Briefly, the GLR algorithm works in a manner similar to the LR parser algorithm, except that, given a particular grammar, a GLR parser will process all possible interpretations of a given input in a breadth-first search. On the front-end, a GLR parser generator converts an input grammar into parser tables, in a manner similar to an LR generator. However, where LR parse tables allow for only one state transition (given a state and an input token), GLR parse tables allow for multiple transitions. In effect, GLR allows for shift/reduce and reduce/reduce conflicts.
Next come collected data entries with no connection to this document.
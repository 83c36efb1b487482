-- ===== src/OrderedMap.antt =====
-- `BTreeMap` and `BTreeSet` of the standard library, as the code uses them: lists of entries in
-- ascending order of their keys, one for each key.
pub mod Laws
pub mod Ext
use Prim.Native.Nat.{Ordering, compare, lt, eq, gt}
use incrementalmerkletree.Prelude.{
  ℕ, zero, suc, Option, some, none, List, [], ◌∷◌, Bool, true, false, ◌≡◌, ◌↔◌, ltb, if◌then◌else◌,
  arith, foldl,
}

-- `Ord`: a total order, given by its three-way comparison.
pub record Ord {ℓ} (K : Type ℓ) : Type ℓ where
  pub compare : K → K → Ordering
  pub compare_eq : (a b : K) → (compare a b ≡ eq) ↔ (a ≡ b)
  pub compare_flip : (a b : K) → (compare a b ≡ lt) ↔ (compare b a ≡ gt)
  pub compare_trans : (a b c : K) → compare a b ≡ lt → compare b c ≡ lt → compare a c ≡ lt

abbrev pub OrderedMap {ℓ κ} : Type ℓ → Type κ → Type (ℓ ⊔ κ)
OrderedMap K V = List (K × V)

-- A `BTreeSet` is a map to no values.
abbrev pub OrderedSet {ℓ} : Type ℓ → Type ℓ
OrderedSet K = OrderedMap K (Unit {0})

pub compare_eq_iff : (a b : ℕ) → (compare a b ≡ eq) ↔ (a ≡ b)
compare_eq_iff a b = ground arith

pub compare_flip_iff : (a b : ℕ) → (compare a b ≡ lt) ↔ (compare b a ≡ gt)
compare_flip_iff a b = ground arith

pub compare_lt_trans : (a b c : ℕ) → compare a b ≡ lt → compare b c ≡ lt → compare a c ≡ lt
compare_lt_trans a b c l m = ground arith

instance abbrev pub ℕ-Ord : Ord ℕ
ℕ-Ord = record {
  compare = compare;
  compare_eq = compare_eq_iff;
  compare_flip = compare_flip_iff;
  compare_trans = compare_lt_trans;
}

module _ {ℓ κ} {K : Type ℓ} {V : Type κ} where
  unfoldable pub last_key : OrderedMap K V → Option K
  last_key [] = none
  last_key ((k, v) ∷ []) = some k
  last_key ((k, v) ∷ (j, w) ∷ m) = last_key ((j, w) ∷ m)

  unfoldable pub first_key : OrderedMap K V → Option K
  first_key [] = none
  first_key ((k, v) ∷ m) = some k

module _ {ℓ κ} {K : Type ℓ} {V : Type κ} ⦃o : Ord K⦄ where
  unfoldable pub get : K → OrderedMap K V → Option V
  get k [] = none
  get k ((j, w) ∷ m) = elim (o.compare k j) [ lt ↦ none | eq ↦ some w | gt ↦ get k m ]

  unfoldable pub insert : K → V → OrderedMap K V → OrderedMap K V
  insert k v [] = (k, v) ∷ []
  insert k v ((j, w) ∷ m) = elim (o.compare k j) [
    | lt ↦ (k, v) ∷ (j, w) ∷ m
    | eq ↦ (k, v) ∷ m
    | gt ↦ (j, w) ∷ insert k v m
  ]

  unfoldable pub remove : K → OrderedMap K V → OrderedMap K V
  remove k [] = []
  remove k ((j, w) ∷ m) = elim (o.compare k j) [
    | lt ↦ (j, w) ∷ m
    | eq ↦ m
    | gt ↦ (j, w) ∷ remove k m
  ]

  -- `split_off` leaves the entries before the key and returns the others.
  unfoldable pub before : K → OrderedMap K V → OrderedMap K V
  before k [] = []
  before k ((j, w) ∷ m) = elim (o.compare k j) [ lt ↦ [] | eq ↦ [] | gt ↦ (j, w) ∷ before k m ]

  unfoldable pub from_key : K → OrderedMap K V → OrderedMap K V
  from_key k [] = []
  from_key k ((j, w) ∷ m) = elim (o.compare k j) [
    | lt ↦ (j, w) ∷ m
    | eq ↦ (j, w) ∷ m
    | gt ↦ from_key k m
  ]

  -- Entries inserted one after the other.
  unfoldable pub insert_all : OrderedMap K V → OrderedMap K V → OrderedMap K V
  insert_all [] m = m
  insert_all ((k, v) ∷ es) m = insert_all es (insert k v m)

  unfoldable pub AllAbove : K → OrderedMap K V → Type 0
  AllAbove k [] = Unit
  AllAbove k ((j, w) ∷ m) = (o.compare k j ≡ lt) × AllAbove k m

  unfoldable pub IsSorted : OrderedMap K V → Type 0
  unfolding AllAbove
  IsSorted [] = Unit
  IsSorted ((k, v) ∷ m) = AllAbove k m × IsSorted m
When a conflicting transition is encountered, the parse stack is forked into two or more parallel parse stacks, where the state corresponding to each possible transition is at the top. Then, the next input token is read and used to determine the next transition(s) for each of the "top" states – and further forking can occur. If any given top state and input token do not result in at least one transition, then that "path" through the parse tables is invalid and can be discarded.
A crucial optimization allows sharing of common prefixes and suffixes of these stacks, which constrains the overall search space and memory usage required to parse input text. The complex structures that arise from this improvement make the search graph a directed acyclic graph (with additional restrictions on the "depths" of various nodes), rather than a tree.
In practice, the grammars of most programming languages are deterministic or "nearly deterministic," meaning that any nondeterminism is usually resolved within a small (though possibly unbounded) number of tokens. Compared to other algorithms capable of handling the full class of context-free grammars (such as Earley or CYK), the GLR algorithm gives better performance on these "nearly deterministic" grammars, because only a single stack will be active during the majority of the parsing process.